USDSGD Forecast Highlights
- USDSGD renewing strength from 1.378
- Technically support noted at 1.340 and 1.320, which may halt SGD appreciation
- Rate volatility likely to increase within recent price bands as market digests macro uncertainties
How has USDSGD performed recently?
The Singapore Dollar is a beacon of stability among Asian currencies. Last year, it was one of the few currencies in the world to hit multi-year highs against the US dollar. The rate, for a brief moment, touched 1.280 – its highest level since 2014.
In an era where no country wants to have an ultra-strong currency, SGD subsequently weakened and retraced all these gains. This is in part driven by Dollar’s strength.
Prices, at the start of the year, tested the 2023 lows near 1.380. That level is now technically affirmed as a ceiling (see below).
What next? Given the wide range of prices the rate has been travelling since mid-2024, it is currently in a ‘no man’s land’ where the rate could easily go north (to 1.360) or south (to 1.320). Near-term volatility may be high but likely directionless within the distinct price band.
Is it a good time to buy US dollars?
If you need USD in the near term, 1.340 is a reasonably good rate to buy some.
USDSGD has strengthened somewhat (from 1.378) to give SGD holders a chance to lock in the best rate since November 2024.
Of course, the rate could drop to 1.320. But this is by no means guaranteed. Prices could easily rebound first, to 1.360, then decline. By then, we may looking at the third quarter already.
Therefore, watch to buy some USD now and watch to buy more on a further drop into 1.320.
Will USD get stronger?
In Singapore, the currency is a closely monitored instrument. This is because the monetary authority (MAS) targets the country’s currency in order to control local price stability.
The intermediate target is called the Singapore Dollar Nominal Effective Exchange Rate (S$NEER), a trade-weighted basket of currencies. This is markedly different to, say, the United Kingdom where the Bank of England employs the Base Rate as a broad instrument to stabilise prices.
The reason for this (as clearly articulated here) is that Singapore is a small and open economy. Its “gross exports and imports of goods and services are more than 300 percent of GDP and domestic expenditure has a high import content, the exchange rate has a much stronger influence on inflation than the interest rate.”

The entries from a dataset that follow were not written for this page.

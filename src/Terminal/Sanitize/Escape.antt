-- ===== src/Terminal/Sanitize/Escape.antt =====
-- Where control sequences end in well-formed text.
use zyris_protocol.Prelude.{
  sym, drop-drop, ℕ, zero, suc, ◌+◌, ◌-◌, ◌<◌, ◌≡◌, sym, ap, ◌∙◌, subst, inl, inr, ◌&&◌, ◌||◌,
  Option, none, some, [], ◌∷◌, arith, ltb, leb, ◌==◌, if◌then◌else◌, Bool-cases, Bytes, drop,
  drop-drop, drop_cong,
}
use zyris_protocol.Terminal.Sanitize.{scan_csi, scan_osc, scan_kind, scan_escape}
use zyris_protocol.Terminal.Buffer.Tail.{IsContinuation}

-- `n` continuation bytes, and then none.
abbrev pub Follow : ℕ → Bytes → Type 0
Follow zero [] = Unit {0}
Follow zero (c ∷ rest) = ¬ IsContinuation c
Follow (suc n) [] = ⊥
Follow (suc n) (c ∷ rest) = IsContinuation c × Follow n rest

abbrev pub continuations : ℕ → ℕ
continuations c = if ltb c 0xC0 then 0 else if ltb c 0xE0 then 1 else if ltb c 0xF0 then 2 else 3

-- Behind each byte that is no continuation stand the continuation bytes that it asks for. Every
-- Rust string is so, and every suffix of one.
abbrev pub IsWellFormed : Bytes → Type 0
IsWellFormed [] = Unit {0}
IsWellFormed (c ∷ rest) = (¬ IsContinuation c → Follow (continuations c) rest) × IsWellFormed rest

pub drop-IsWellFormed : (n : ℕ) (b : Bytes) → IsWellFormed b → IsWellFormed (drop n b)
drop-IsWellFormed zero b w = w
drop-IsWellFormed (suc n) [] w = w
drop-IsWellFormed (suc n) (c ∷ rest) w = drop-IsWellFormed n rest w.1

-- The sequence ends behind where it began, at the boundary of a character.
abbrev pub Ends : ℕ → Bytes → Option ℕ → Type 0
Ends j b none = Unit {0}
Ends j b (some e) = (j < e) × Follow 0 (drop (e - j) b)

Ends-cons : (j c : ℕ) (b : Bytes) (r : Option ℕ) → Ends (j + 1) b r → Ends j (c ∷ b) r
Ends-cons j c b none h = tt
Ends-cons j c b (some e) h = (
  omega (arith, h.0),
  subst (Follow 0) (drop_cong {n = suc (e - (j + 1))} (c ∷ b) (omega (arith, h.0))) h.1,
)

-- A sequence that ends behind its first byte.
Ends-here : (j c : ℕ) (b : Bytes) → Follow 0 b → Ends j (c ∷ b) (some (j + 1))
Ends-here j c b h = (omega arith, subst (Follow 0) (drop_cong {n = 1} (c ∷ b) (omega arith)) h)

Ends-two : (j c d : ℕ) (b : Bytes) → Follow 0 b → Ends j (c ∷ d ∷ b) (some (j + 2))
Ends-two j c d b h = (omega arith, subst (Follow 0) (drop_cong {n = 2} (c ∷ d ∷ b) (omega arith)) h)

pub ascii-Follow : (c : ℕ) (b : Bytes) → c < 0x80 → IsWellFormed (c ∷ b) → Follow 0 b
ascii-Follow c b h w =
    subst (λ k. Follow k b) {x = continuations c} {y = 0} (ground arith) (w.0 (λ k. omega arith))

scan_csi-Ends : (j : ℕ) (b : Bytes) → IsWellFormed b → Ends j b (scan_csi j b)
unfolding scan_csi
scan_csi-Ends j [] w = tt
scan_csi-Ends j (c ∷ rest) w = elim (Bool-cases (leb 0x40 c && leb c 0x7E)) [
  | inl final ↦ rw final (Ends-here j c rest (ascii-Follow c rest (ground arith) w))
  | inr more ↦ rw more (Ends-cons j c rest _ (scan_csi-Ends (j + 1) rest w.1))
]

scan_osc-Ends : (j : ℕ) (b : Bytes) → IsWellFormed b → Ends j b (scan_osc j b)
unfolding scan_osc
scan_osc-Ends j [] w = tt
scan_osc-Ends j (c ∷ []) w = elim (Bool-cases (c == 0x07)) [
  | inl bell ↦ rw bell (Ends-here j c [] tt)
  | inr _ ↦ ground arith
]
scan_osc-Ends j (c ∷ d ∷ rest) w = elim (Bool-cases (c == 0x07)) [
  | inl bell ↦ rw bell (Ends-here j c (d ∷ rest) (ascii-Follow c (d ∷ rest) (ground arith) w))
  | inr silent ↦ elim (Bool-cases (c == 0x1B)) [
    | inl escape ↦ elim (Bool-cases (d == b'\\')) [
      | inl closed ↦
          rw (silent, escape, closed) (Ends-two j c d rest (ascii-Follow d rest (ground arith) w.1))
      | inr other ↦
          rw (silent, escape, other)
            (Ends-here j c (d ∷ rest) (ascii-Follow c (d ∷ rest) (ground arith) w))
    ]
    | inr inside ↦
        rw (silent, inside) (Ends-cons j c (d ∷ rest) _ (scan_osc-Ends (j + 1) (d ∷ rest) w.1))
  ]
]

scan_kind-Ends :
    (j kind : ℕ) (rest : Bytes)
    → kind < 0x80
    → IsWellFormed (kind ∷ rest)
    → Ends j (kind ∷ rest) (scan_kind j (kind ∷ rest))
unfolding scan_kind
scan_kind-Ends j kind rest h w =
    let csi = Ends-cons j kind rest _ (scan_csi-Ends (j + 1) rest w.1) in
    let osc = Ends-cons j kind rest _ (scan_osc-Ends (j + 1) rest w.1) in
    let short = Ends-here j kind rest (ascii-Follow kind rest h w) in
    elim (Bool-cases (kind == b'[')) [
      | inl c ↦ rw c csi
      | inr n ↦
          elim (Bool-cases
            (kind == b']' || kind == b'P' || kind == b'X' || kind == b'^' || kind == b'_')) [
              | inl o ↦ rw (n, o) osc
              | inr m ↦ rw (n, m) short
            ]
    ]

pub drop_next :
    (i : ℕ) (b : Bytes) {c : ℕ} {rest : Bytes} → drop i b ≡ c ∷ rest → drop (i + 1) b ≡ rest
drop_next i b h = sym (drop-drop 1 i b) ∙ ap (drop 1) h

-- An escape sequence in well-formed text ends behind the byte that follows its ESC and at the
-- boundary of a character, if that byte is ASCII.
pub scan_escape-Ends :
    (b : Bytes) (i : ℕ) {c kind : ℕ} {rest : Bytes}
    → drop i b ≡ c ∷ kind ∷ rest
    → kind < 0x80
    → IsWellFormed (kind ∷ rest)
    → (e : ℕ) → scan_escape b i ≡ some e
    → (i + 1 < e) × Follow 0 (drop e b)
unfolding scan_escape
scan_escape-Ends b i {kind = kind} {rest = rest} at h w e found =
    let next = drop_next i b at in
    let ends : Ends (i + 1) (kind ∷ rest) (some e) =
      subst (Ends (i + 1) (kind ∷ rest)) (ap (scan_kind (i + 1)) (sym next) ∙ found)
        (scan_kind-Ends (i + 1) kind rest h w) in
    (
      ends.0,
      subst (Follow 0)
          (ap (drop (e - (i + 1))) (sym next)
            ∙ drop-drop (e - (i + 1)) (i + 1) b
            ∙ drop_cong {m = e} b (omega (arith, ends.0)))
          ends.1,
    )

-- Whatever follows an ESC, its sequence ends behind the next byte.
abbrev Later : ℕ → Option ℕ → Type 0
Later j none = Unit {0}
Later j (some e) = j < e

scan_csi-Later : (j : ℕ) (b : Bytes) → Later j (scan_csi j b)
unfolding scan_csi
scan_csi-Later j [] = tt
scan_csi-Later j (c ∷ b) = ground (arith, scan_csi-Later (j + 1) b)

scan_osc-Later : (j : ℕ) (b : Bytes) → Later j (scan_osc j b)
unfolding scan_osc
scan_osc-Later j [] = tt
scan_osc-Later j (c ∷ []) = ground (arith)
scan_osc-Later j (c ∷ d ∷ b) = ground (arith, scan_osc-Later (j + 1) (d ∷ b))

scan_kind-Later : (j : ℕ) (b : Bytes) → Later j (scan_kind j b)
unfolding scan_kind
scan_kind-Later j [] = tt
scan_kind-Later j (c ∷ b) = ground (arith, scan_osc-Later (j + 1) b, scan_csi-Later (j + 1) b)

pub scan_escape-lt : (b : Bytes) (i : ℕ) (e : ℕ) → scan_escape b i ≡ some e → i + 1 < e
unfolding scan_escape
scan_escape-lt b i e found = rw found at (scan_kind-Later (i + 1) (drop (i + 1) b))
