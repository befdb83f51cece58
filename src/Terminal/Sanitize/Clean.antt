-- ===== src/Terminal/Sanitize/Clean.antt =====
-- What `strip_controls` leaves, that it ends, and when it panics.
use zyris_protocol.Prelude.{
  ℕ, zero, suc, ◌+◌, ◌-◌, ◌≤◌, ◌<◌, ◌≡◌, refl, sym, ap, subst, ◌≢◌, ◌⊎◌, inl, inr, some, [], ◌∷◌,
  ◌++◌, arith, Option-cases, Bytes, Text, length, take, drop, length-drop,
}
use zyris_protocol.Terminal.Buffer.Tail.{IsContinuation}
use zyris_protocol.Terminal.Sanitize.Escape.{
  Follow, continuations, IsWellFormed, drop-IsWellFormed, scan_escape-lt,
}
use zyris_protocol.Terminal.Sanitize.{
  scan_escape, char_width, Stripped, done, panicked, out_of_fuel, Round, skip, emit, stop, panic,
  round, round_escape, round_return, round_char, strip_from, strip_controls, strip_at, strip_round,
}

-- The only control bytes that may be left are the newline and the tab.
abbrev pub IsPlain : ℕ → Type 0
IsPlain c = (c ≡ b'\n') ⊎ (c ≡ b'\t') ⊎ ((0x20 ≤ c) × (c ≢ 0x7F))

abbrev pub All {ℓ} : (ℕ → Type ℓ) → Bytes → Type ℓ
All P [] = Unit
All P (c ∷ cs) = P c × All P cs

pub All-append : (P : ℕ → Type 0) (xs ys : Bytes) → All P xs → All P ys → All P (xs ++ ys)
All-append P [] ys h k = k
All-append P (x ∷ xs) ys h k = (h.0, All-append P xs ys h.1 k)

take-Follow : (n : ℕ) (rest : Bytes) → Follow n rest → All IsPlain (take n rest)
take-Follow zero rest h = tt
take-Follow (suc n) [] h = elim h [ ]
take-Follow (suc n) (c ∷ rest) h = (ground arith, take-Follow n rest h.1)

pub drop-Follow : (n : ℕ) (rest : Bytes) → Follow n rest → Follow 0 (drop n rest)
drop-Follow zero rest h = h
drop-Follow (suc n) [] h = elim h [ ]
drop-Follow (suc n) (c ∷ rest) h = drop-Follow n rest h.1

-- A byte that has a width leads the character that its continuations belong to.
pub char_width-continuations :
    (c w : ℕ) → char_width c ≡ some w → (w ≡ suc (continuations c)) × ¬ IsContinuation c
unfolding char_width
char_width-continuations c w h = ground arith

-- What a round may do in well-formed text: it moves on, and it writes plain bytes.
abbrev Moves : ℕ → Round → Type 0
Moves i (skip next) = i < next
Moves i (emit bytes next) = (i < next) × All IsPlain bytes
Moves i _ = Unit {0}

round_escape-Moves : (b : Bytes) (i : ℕ) → Moves i (round_escape b i)
unfolding round_escape
round_escape-Moves b i = elim (Option-cases (scan_escape b i)) [
  | inl e ↦ rw (e, round_escape) tt
  | inr (k, e) ↦ rw (e, round_escape) (omega (arith, scan_escape-lt b i k e))
]

round_return-Moves : (i : ℕ) (rest : Bytes) → Moves i (round_return i rest)
unfolding round_return
round_return-Moves i [] = omega arith
round_return-Moves i (d ∷ rest) = ground arith

round_char-Moves :
    (i c : ℕ) (rest : Bytes)
    → IsWellFormed (c ∷ rest)
    → 0x20 ≤ c
    → c ≢ 0x7F
    → Moves i (round_char i c rest)
unfolding round_char
round_char-Moves i c rest wf h k = elim (Option-cases (char_width c)) [
  | inl e ↦ rw (e, round_char) tt
  | inr (w, e) ↦
      let (size, leads) = char_width-continuations c w e in
      rw (e, round_char, size)
        (omega arith, (inr (inr (h, k)), take-Follow (continuations c) rest (wf.0 leads)))
]

round-Moves :
    (b : Bytes) (i c : ℕ) (rest : Bytes) → IsWellFormed (c ∷ rest) → Moves i (round b i c rest)
unfolding round
round-Moves b i c rest wf =
    ground (arith, round_escape-Moves b i, round_return-Moves i rest, round_char-Moves i c rest wf)

-- With fuel for each byte that is left the loop ends, and leaves plain bytes only.
abbrev pub Leaves : Stripped → Type 0
Leaves (done out) = All IsPlain out
Leaves panicked = Unit {0}
Leaves out_of_fuel = ⊥

strip_round-Leaves :
    (b : Bytes) (i : ℕ) (loop : ℕ → Text → Stripped) (out : Text)
    → All IsPlain out
    → ((next : ℕ) (more : Text) → i < next → All IsPlain more → Leaves (loop next more))
    → (r : Round) → Moves i r
    → Leaves (strip_round loop out r)
unfolding strip_round
strip_round-Leaves b i loop out h rec (skip next) m = rec next out m h
strip_round-Leaves b i loop out h rec (emit bytes next) m =
    rec next (out ++ bytes) m.0 (All-append IsPlain out bytes h m.1)
strip_round-Leaves b i loop out h rec stop m = h
strip_round-Leaves b i loop out h rec panic m = tt

strip_at-Leaves :
    (b : Bytes) (i : ℕ) (loop : ℕ → Text → Stripped) (out : Text) (at : Bytes)
    → at ≡ drop i b
    → IsWellFormed b
    → All IsPlain out
    → ((next : ℕ) (more : Text)
        → length b - next < length b - i
        → All IsPlain more
        → Leaves (loop next more))
    → Leaves (strip_at loop b i out at)
unfolding strip_at
strip_at-Leaves b i loop out [] e wf h rec = h
strip_at-Leaves b i loop out (c ∷ rest) e wf h rec =
    strip_round-Leaves b i loop out h
      (λ next more m. rec next more (omega (arith, ap length e, length-drop i b)))
      (round b i c rest)
      (round-Moves b i c rest (subst IsWellFormed (sym e) (drop-IsWellFormed i b wf)))

strip_from-Leaves :
    (fuel : ℕ) (b : Bytes) (i : ℕ) (out : Text)
    → length b - i < fuel
    → IsWellFormed b
    → All IsPlain out
    → Leaves (strip_from fuel b i out)
unfolding strip_from
strip_from-Leaves zero b i out f wf h = absurd (omega arith)
strip_from-Leaves (suc fuel) b i out f wf h =
    strip_at-Leaves b i (strip_from fuel b) out (drop i b) refl wf h
      λ next more m. strip_from-Leaves fuel b next more (omega arith) wf

-- The loop ends on every well-formed text, and what it leaves holds no control byte but newlines
-- and tabs: no ESC survives.
pub strip_controls-Leaves : (s : Text) → IsWellFormed s → Leaves (strip_controls s)
unfolding strip_controls
strip_controls-Leaves s wf = strip_from-Leaves (length s + 1) s 0 [] (omega arith) wf tt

The past movement of S$NEER is plotted below.
Source: mas.gov.sg (Jan 2025)
Essentially, there are three parameters to this S$NEER: slope, width and centred band.
The monetary authority publishes its outlook of the S$NEER at each monetary policy statement. If there is an adjustment to any of these parameters, it will say so.
For example, in January’s monetary statement, MAS announced: “Singapore’s growth momentum is expected to slow over this year……MAS will therefore reduce slightly the slope of the S$NEER policy band. There will be no change to the width of the policy band or the level at which it is centred.”
In other words, the monetary authority does not fix or peg the Singapore Dollar against any one currency. It uses a trade-weighted basket to judge the effective strength of SGD and then manages this basket broadly. It allow day-to-day price fluctuation of individual exchange rates.
Periodically, the central bank also conducts a survey of professional forecasts of S$NEER. The latest survey was done in December 2024 (see below).
Now, against the USD, the exchange rate has been driven mostly by the strength of the greenback in the 4Q of 2025. Since the start of the year, however, the USD is retracing some of its gains. USDSGD is trading along this general trend.
Given the rise in macro uncertainties, partly due to increased tariffs proposals, the market is waiting to see the impact of all these factors. USDSGD may continue to bounce sideways, within the 1.300-1.380 level.